## [YOUR GOAL]
Transcribe the data. Leave out nothing.

Stored items

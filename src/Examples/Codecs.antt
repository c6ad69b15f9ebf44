-- ===== src/Examples/Codecs.antt =====
-- The codecs on concrete texts and bytes.
use chain_wallet.Common.{
  ℕ, ◌≡◌, ◌≢◌, refl, ap, ◌≤◌, ◌<◌, none, some, [], ◌∷◌, Bytes, IsBytes, codes, length, zeros, take,
  drop, arith, replicate, true, ◌++◌,
}
use mathlib.Core.List.{map}
use chain_wallet.Common.Chain.{◌>>=◌}
use chain_wallet.Jni.Machine.{lookup}
use chain_wallet.Jni.Steps.{ready, used, with_array}
use chain_wallet.Base58
use chain_wallet.Base58.Value.{value, Below}
use chain_wallet.Base58.RoundTrip.{encode-total, decode-encode}
use chain_wallet.Base32
use chain_wallet.Der
use chain_wallet.Der.{Status, accepted}
use chain_wallet.Der.RoundTrip.{der_to_sig-sig_to_der}
use chain_wallet.Hexstring
use chain_wallet.Hexstring.RoundTrip.{spell, str_to_hex-hex_to_str}
use chain_wallet.Hexstring.Reprint.{in_case, hex_to_str-str_to_hex}
use chain_wallet.CryptoJni.Codecs
use chain_wallet.CryptoJni.HexLaws.{hex_to_str_overflows}
use chain_wallet.CryptoJni.Base58Laws.{base58_encode_lem}
use chain_wallet.Jni.Strings.{with_string}
use chain_wallet.CryptoJni.Base32Laws.{filled, base32_decode_lem}
use chain_wallet.CryptoJni.DerLaws.{sig_to_der_overreads, der_to_sig_overruns}
use chain_wallet.Examples.Data.{are_bytes-IsBytes, machine, signature}

abbrev bytes : Bytes
bytes = 0x0a ∷ 0xff ∷ []

bytes-IsBytes : IsBytes bytes
bytes-IsBytes = are_bytes-IsBytes bytes refl

base58_text : Base58.encode bytes ≡ some (codes "qY")
unfolding Base58.encode
base58_text = refl

base32_room : Base32.base32_encoded_length 2 < 9
unfolding Base32.base32_encoded_length
base32_room = omega arith

base32_text : Base32.base32_encode bytes 9 ≡ some (codes "BL7Q")
unfolding Base32.base32_encode
base32_text = refl

spelled : lookup 20 machine.strings ≡ some (spell 32 bytes)
unfolding Hexstring.hex_digit
spelled = refl

abbrev first : Bytes → ℕ
first [] = 0
first (b ∷ v) = b

one_zero : ◌≢◌ {A = ℕ} 1 0
one_zero h = omega arith

signature-nonzero : take 32 (drop 32 signature) ≢ zeros 32
signature-nonzero h = absurd (one_zero (ap first h))

decode-encode_example : Base58.decode (codes "qY") ≡ some bytes
decode-encode_example =
    decode-encode 0 0x0a (0xff ∷ []) (omega arith) bytes-IsBytes base58_text (omega arith)

encode-total_example :
    (d : ℕ) × (t : Bytes) × (Base58.encode (0 ∷ bytes) ≡ some (b'1' ∷ map Base58.letter (d ∷ t)))
    × (d ≢ 0)
    × Below 58 (d ∷ t)
    × (value 58 0 (d ∷ t) ≡ value 256 0 bytes)
encode-total_example = encode-total 1 0x0a (0xff ∷ []) (omega arith) bytes-IsBytes

der_to_sig-sig_to_der_example :
    (der : Bytes) × (n : ℕ) × (Der.sig_to_der signature ≡ some (der, n))
    × (length der ≡ n)
    × (n ≤ 72)
    × (Der.der_to_sig der ≡ some (accepted (signature, 64)))
der_to_sig-sig_to_der_example = der_to_sig-sig_to_der signature refl signature-nonzero

str_to_hex-hex_to_str_example :
    (Hexstring.hex_to_str bytes 2 0 >>= λ text. Hexstring.str_to_hex text 2) ≡ some bytes
str_to_hex-hex_to_str_example = str_to_hex-hex_to_str bytes 0 bytes-IsBytes

hex_to_str-str_to_hex_example :
    (Hexstring.str_to_hex (codes "0aFf") 2 >>= λ v. Hexstring.hex_to_str v 2 1)
    ≡ some (map (in_case 1) (codes "0aFf") ++ 0 ∷ [])
hex_to_str-str_to_hex_example = hex_to_str-str_to_hex (codes "0aFf") 2 1 refl refl

hex_to_str_overflows_example : Codecs.hex_to_str 0 (ready 0 machine) ≡ none
hex_to_str_overflows_example = hex_to_str_overflows 0 (1 ∷ 2 ∷ 3 ∷ []) machine refl

padded_text :
    Base32.base32_decode_padding (codes "BL7Q====") (Base32.base32_decoded_length 8) ≡ some bytes
unfolding Base32.base32_decode_padding Base32.base32_decoded_length
padded_text = refl

-- The array of two bytes has three zeros behind them.
base32_decode_lem_example :
    Codecs.base32_decode 30 true (ready 0 (with_string (codes "BL7Q====") machine))
    ≡ some (
      some 31,
      ready 0 (
          with_array
            (filled (codes "BL7Q====") bytes)
            (used 1 (with_string (codes "BL7Q====") machine))),
    )
base32_decode_lem_example =
    base32_decode_lem 30 (codes "BL7Q====") (with_string (codes "BL7Q====") machine) refl true
      padded_text

abbrev half_empty : Bytes
half_empty = replicate 32 1 ++ zeros 32

sig_to_der_overreads_example : Codecs.sig_to_der 30 (ready 0 (with_array half_empty machine)) ≡ none
sig_to_der_overreads_example =
    sig_to_der_overreads 30 half_empty (with_array half_empty machine) refl refl refl

-- An integer of 33 bytes.
abbrev long_der : Bytes
long_der = 0x30 ∷ 70 ∷ 0x02 ∷ 33 ∷ (replicate 33 1 ++ 0x02 ∷ 1 ∷ 1 ∷ [])

der_to_sig_overruns_example : Codecs.der_to_sig 30 (ready 0 (with_array long_der machine)) ≡ none
der_to_sig_overruns_example =
    der_to_sig_overruns 30 70 1 (replicate 32 1) (1 ∷ 1 ∷ []) (with_array long_der machine) refl
      one_zero (omega arith)

message_text : Base58.encode (1 ∷ 2 ∷ 3 ∷ []) ≡ some (codes "Ldp")
unfolding Base58.encode
message_text = refl

base58_encode_lem_example :
    Codecs.base58_encode 0 (ready 0 machine)
    ≡ some (some 30, ready 0 (with_string (codes "Ldp") (used 4 machine)))
base58_encode_lem_example =
    base58_encode_lem 0 0 1 (2 ∷ 3 ∷ []) machine refl (omega arith)
      (are_bytes-IsBytes (1 ∷ 2 ∷ 3 ∷ []) refl) message_text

## [ANSWER SECTION]
filename src/Examples/Codecs.antt
repository c6ad69b15f9ebf44
-- ===== src/Examples/Codecs.antt =====
-- The codecs on concrete texts and bytes.
use chain_wallet.Common.{
  ℕ, ◌≡◌, ◌≢◌, refl, ap, ◌≤◌, ◌<◌, none, some, [], ◌∷◌, Bytes, IsBytes, codes, length, zeros, take,
  drop, arith, replicate, true, ◌++◌,
}
use mathlib.Core.List.{map}
use chain_wallet.Common.Chain.{◌>>=◌}
use chain_wallet.Jni.Machine.{lookup}
use chain_wallet.Jni.Steps.{ready, used, with_array}
use chain_wallet.Base58
use chain_wallet.Base58.Value.{value, Below}
use chain_wallet.Base58.RoundTrip.{encode-total, decode-encode}
use chain_wallet.Base32
use chain_wallet.Der
use chain_wallet.Der.{Status, accepted}
use chain_wallet.Der.RoundTrip.{der_to_sig-sig_to_der}
use chain_wallet.Hexstring
use chain_wallet.Hexstring.RoundTrip.{spell, str_to_hex-hex_to_str}
use chain_wallet.Hexstring.Reprint.{in_case, hex_to_str-str_to_hex}
use chain_wallet.CryptoJni.Codecs
use chain_wallet.CryptoJni.HexLaws.{hex_to_str_overflows}
use chain_wallet.CryptoJni.Base58Laws.{base58_encode_lem}
use chain_wallet.Jni.Strings.{with_string}
use chain_wallet.CryptoJni.Base32Laws.{filled, base32_decode_lem}
use chain_wallet.CryptoJni.DerLaws.{sig_to_der_overreads, der_to_sig_overruns}
use chain_wallet.Examples.Data.{are_bytes-IsBytes, machine, signature}

abbrev bytes : Bytes
bytes = 0x0a ∷ 0xff ∷ []

bytes-IsBytes : IsBytes bytes
bytes-IsBytes = are_bytes-IsBytes bytes refl

base58_text : Base58.encode bytes ≡ some (codes "qY")
unfolding Base58.encode
base58_text = refl

base32_room : Base32.base32_encoded_length 2 < 9
unfolding Base32.base32_encoded_length
base32_room = omega arith

base32_text : Base32.base32_encode bytes 9 ≡ some (codes "BL7Q")
unfolding Base32.base32_encode
base32_text = refl

spelled : lookup 20 machine.strings ≡ some (spell 32 bytes)
unfolding Hexstring.hex_digit
spelled = refl

abbrev first : Bytes → ℕ
first [] = 0
first (b ∷ v) = b

one_zero : ◌≢◌ {A = ℕ} 1 0
one_zero h = omega arith

signature-nonzero : take 32 (drop 32 signature) ≢ zeros 32
signature-nonzero h = absurd (one_zero (ap first h))

decode-encode_example : Base58.decode (codes "qY") ≡ some bytes
decode-encode_example =
    decode-encode 0 0x0a (0xff ∷ []) (omega arith) bytes-IsBytes base58_text (omega arith)

encode-total_example :
    (d : ℕ) × (t : Bytes) × (Base58.encode (0 ∷ bytes) ≡ some (b'1' ∷ map Base58.letter (d ∷ t)))
    × (d ≢ 0)
    × Below 58 (d ∷ t)
    × (value 58 0 (d ∷ t) ≡ value 256 0 bytes)
encode-total_example = encode-total 1 0x0a (0xff ∷ []) (omega arith) bytes-IsBytes

der_to_sig-sig_to_der_example :
    (der : Bytes) × (n : ℕ) × (Der.sig_to_der signature ≡ some (der, n))
    × (length der ≡ n)
    × (n ≤ 72)
    × (Der.der_to_sig der ≡ some (accepted (signature, 64)))
der_to_sig-sig_to_der_example = der_to_sig-sig_to_der signature refl signature-nonzero

str_to_hex-hex_to_str_example :
    (Hexstring.hex_to_str bytes 2 0 >>= λ text. Hexstring.str_to_hex text 2) ≡ some bytes
str_to_hex-hex_to_str_example = str_to_hex-hex_to_str bytes 0 bytes-IsBytes

hex_to_str-str_to_hex_example :
    (Hexstring.str_to_hex (codes "0aFf") 2 >>= λ v. Hexstring.hex_to_str v 2 1)
    ≡ some (map (in_case 1) (codes "0aFf") ++ 0 ∷ [])
hex_to_str-str_to_hex_example = hex_to_str-str_to_hex (codes "0aFf") 2 1 refl refl

hex_to_str_overflows_example : Codecs.hex_to_str 0 (ready 0 machine) ≡ none
hex_to_str_overflows_example = hex_to_str_overflows 0 (1 ∷ 2 ∷ 3 ∷ []) machine refl

padded_text :
    Base32.base32_decode_padding (codes "BL7Q====") (Base32.base32_decoded_length 8) ≡ some bytes
unfolding Base32.base32_decode_padding Base32.base32_decoded_length
padded_text = refl

-- The array of two bytes has three zeros behind them.
base32_decode_lem_example :
    Codecs.base32_decode 30 true (ready 0 (with_string (codes "BL7Q====") machine))
    ≡ some (
      some 31,
      ready 0 (
          with_array
            (filled (codes "BL7Q====") bytes)
            (used 1 (with_string (codes "BL7Q====") machine))),
    )
base32_decode_lem_example =
    base32_decode_lem 30 (codes "BL7Q====") (with_string (codes "BL7Q====") machine) refl true
      padded_text

abbrev half_empty : Bytes
half_empty = replicate 32 1 ++ zeros 32

sig_to_der_overreads_example : Codecs.sig_to_der 30 (ready 0 (with_array half_empty machine)) ≡ none
sig_to_der_overreads_example =
    sig_to_der_overreads 30 half_empty (with_array half_empty machine) refl refl refl

-- An integer of 33 bytes.
abbrev long_der : Bytes
long_der = 0x30 ∷ 70 ∷ 0x02 ∷ 33 ∷ (replicate 33 1 ++ 0x02 ∷ 1 ∷ 1 ∷ [])

der_to_sig_overruns_example : Codecs.der_to_sig 30 (ready 0 (with_array long_der machine)) ≡ none
der_to_sig_overruns_example =
    der_to_sig_overruns 30 70 1 (replicate 32 1) (1 ∷ 1 ∷ []) (with_array long_der machine) refl
      one_zero (omega arith)

message_text : Base58.encode (1 ∷ 2 ∷ 3 ∷ []) ≡ some (codes "Ldp")
unfolding Base58.encode
message_text = refl

base58_encode_lem_example :
    Codecs.base58_encode 0 (ready 0 machine)
    ≡ some (some 30, ready 0 (with_string (codes "Ldp") (used 4 machine)))
base58_encode_lem_example =
    base58_encode_lem 0 0 1 (2 ∷ 3 ∷ []) machine refl (omega arith)
      (are_bytes-IsBytes (1 ∷ 2 ∷ 3 ∷ []) refl) message_text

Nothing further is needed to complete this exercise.